Can you show how your example works if you extend it to handle the case where this code block may itself receive a soft cancellation request from the outside world?

Does every parent need to have careful error-handling code to propagate cancellation from grandparents to grandchildren?

That’s an artifact of C. Of course, in Python this would be automatic.

Anyway, I’ve written a long post about the topic:

Don’t forget to add it to the resources page :-).

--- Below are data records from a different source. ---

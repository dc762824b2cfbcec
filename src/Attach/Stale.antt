-- ===== src/Attach/Stale.antt =====
-- `bind` of include/shmspsc/ShmSpscQueue.h reads the indices before it holds the pid slot. Here the
-- owner before it pushes and pops on between the two, and then detaches.
use shm_spsc.Base.{◌+◌, ◌≡◌, ◌≢◌, refl, sym, ap, ◌∙◌, true, none, some, List, arith, Option, ne→==}
use shm_spsc.Base.Int.{ℤ}
use shm_spsc.Base.Results.{ok}
use shm_spsc.Layout.{Role, ControlBlock}
use shm_spsc.Ring.{Handle, Shared, try_push}
use shm_spsc.Ring.Index.{next_index_lem, next_of_full, used_self}
use shm_spsc.Ring.Invariant.{IsRing, count}
use shm_spsc.Claim.{Kill, Attempt, Claimed, claim, own_pid, set_own_pid}
use shm_spsc.Attach.{bind, bind_result, load_members}
use shm_spsc.Attach.Binding.{pair-inj}

module _ {ℓ} {A : Type ℓ} {s : Shared A} (v : IsRing s) where
  stale_push :
      (x : A) (h : Handle)
      → h.capacity ≡ s.ctrl.capacity
      → h.read_idx_cache ≢ s.ctrl.read_idx
      → count s.ctrl + 1 ≡ s.ctrl.capacity
      → ((try_push x h s).0 ≡ true) × (count (try_push x h s).2.ctrl ≡ 0)
  unfolding try_push
  stale_push x h same stale full =
      let next =
        next_index_lem s.ctrl.capacity s.ctrl.write_idx (omega (arith, v.small)) v.write_in
        ∙ next_of_full s.ctrl.capacity s.ctrl.write_idx s.ctrl.read_idx v.write_in v.read_in full in
      rw (same, next, ne→== s.ctrl.read_idx h.read_idx_cache (λ e. stale (sym e)))
        (refl, used_self s.ctrl.capacity s.ctrl.read_idx)

-- The ring is full, and everything in it is lost by one push.
abbrev pub Loses {ℓ} : {A : Type ℓ} → A → Handle → Shared A → Type 0
Loses x h s = ((try_push x h s).0 ≡ true) × (count (try_push x h s).2.ctrl ≡ 0)

module _ {ℓ} {A : Type ℓ} (s : Shared A) (v : IsRing s) (c : ControlBlock)
    (same : c.capacity ≡ s.ctrl.capacity) (stale : c.read_idx ≢ s.ctrl.read_idx)
    (full : count s.ctrl + 1 ≡ s.ctrl.capacity) where
  first_push :
      (x : A) (self : ℤ) (h h' : Handle) (c' : ControlBlock) (o : Option Claimed)
      → bind_result Role.producer self (load_members Role.producer h c) s.ctrl o
        ≡ some (ok (h', c'))
      → Loses x h' (record s { ctrl = c' })
  unfolding load_members
  first_push x self h h' c' none e = absurd (cc)
  first_push x self h h' c' (some Claimed.kept) e =
      let p = pair-inj e in
      rw (sym (ap (λ q. q.0) p), sym (ap (λ q. q.1) p)) (stale_push v x _ same stale full)
  first_push x self h h' c' (some Claimed.stored) e =
      let p = pair-inj e in
      let w : IsRing (record s { ctrl = set_own_pid Role.producer self s.ctrl }) = record {
        room = v.room;
        small = v.small;
        whole = v.whole;
        write_in = v.write_in;
        read_in = v.read_in;
      } in
      rw (sym (ap (λ q. q.0) p), sym (ap (λ q. q.1) p)) (stale_push w x _ same stale full)
  first_push x self h h' c' (some (Claimed.refused pid)) e = absurd (cc)

  -- On a valid ring: when a producer's `bind` has read the block as `c`, of the ring's capacity, and
  -- the ring is full, with another read index, by the time it holds the pid slot, then the first `try_push` of its handle returns true
  -- and leaves the ring empty: every element in it is lost.
  pub late_bind :
      (x : A) (kill : Kill) (self : ℤ) (attempts : List Attempt) (h h' : Handle) (c' : ControlBlock)
      → bind kill self attempts Role.producer h c s.ctrl ≡ some (ok (h', c'))
      → Loses x h' (record s { ctrl = c' })
  unfolding bind
  late_bind x kill self attempts h h' c' e =
      first_push x self h h' c' (claim kill self attempts (own_pid Role.producer c)) e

So the post helped me realize one point where we’ve been talking past each other! Trio has always had your bundle_cancel(..., timeout) operation – it’s baked into the cancel scopes design. For example, here’s a cut-and-paste of your first “trivial case” for reference:

// From the blog post; hypothetical future libdill
int main(void) {
    socket_t s = create_connected_socket();
    bundle_t b = bundle();
    bundle_go(b, worker(s));
    bundle_cancel(b, 10);
    return 0;

And here’s the same thing using Trio:

# Current Trio
async def main():
    s = await create_connected_socket()
    async with trio.open_nursery() as nursery:
        nursery.start_soon(worker, s)
        await trio.sleep(60)
        nursery.cancel_scope.deadline = trio.current_time() + 10

(In real life you might make it deadline = min(deadline, new_deadline), or use your own cancel scope instead of the implicit one attached to nurseries, but you get the idea.)

The reasons we’ve been considering adding more than that are:

  • While graceful cancellation and hard cancellation are different in their effects, it still feels intuitive that they might be able to share a “targeting” mechanism – if I’ve gone to the trouble to wrap something in a cancel scope so I can cancel it, then can I re-use that to soft-cancel the same code?

  • If graceful cancellation is left up to the application code, then every third-party library has to provide some explicit mechanism for signalling graceful cancellation (or else be lazy and simply leave this feature out). One of the things I noted in Timeouts and cancellation for humans is that empirically, people absolutely fail to do this consistently even for critical functionality like hard cancellation; so, why should we expect them to do it for graceful cancellation?

  • We don’t want to implement recv_from_socket_or_channel :slight_smile:. Trio’s standard recv_from_socket already has support for exiting early in response to an external message (i.e., someone calling cancel() on some enclosing cancel scope). We should re-use this instead of inventing a second way to do it.

    This point doesn’t necessarily require changing things in Trio’s core machinery; you could build recv_from_socket_or_graceful_cancel on top of what we already have, by using cancel scopes and plumbing things together manually. (That’s the idea behind this comment.) But it might be simpler/more natural if it were built-in.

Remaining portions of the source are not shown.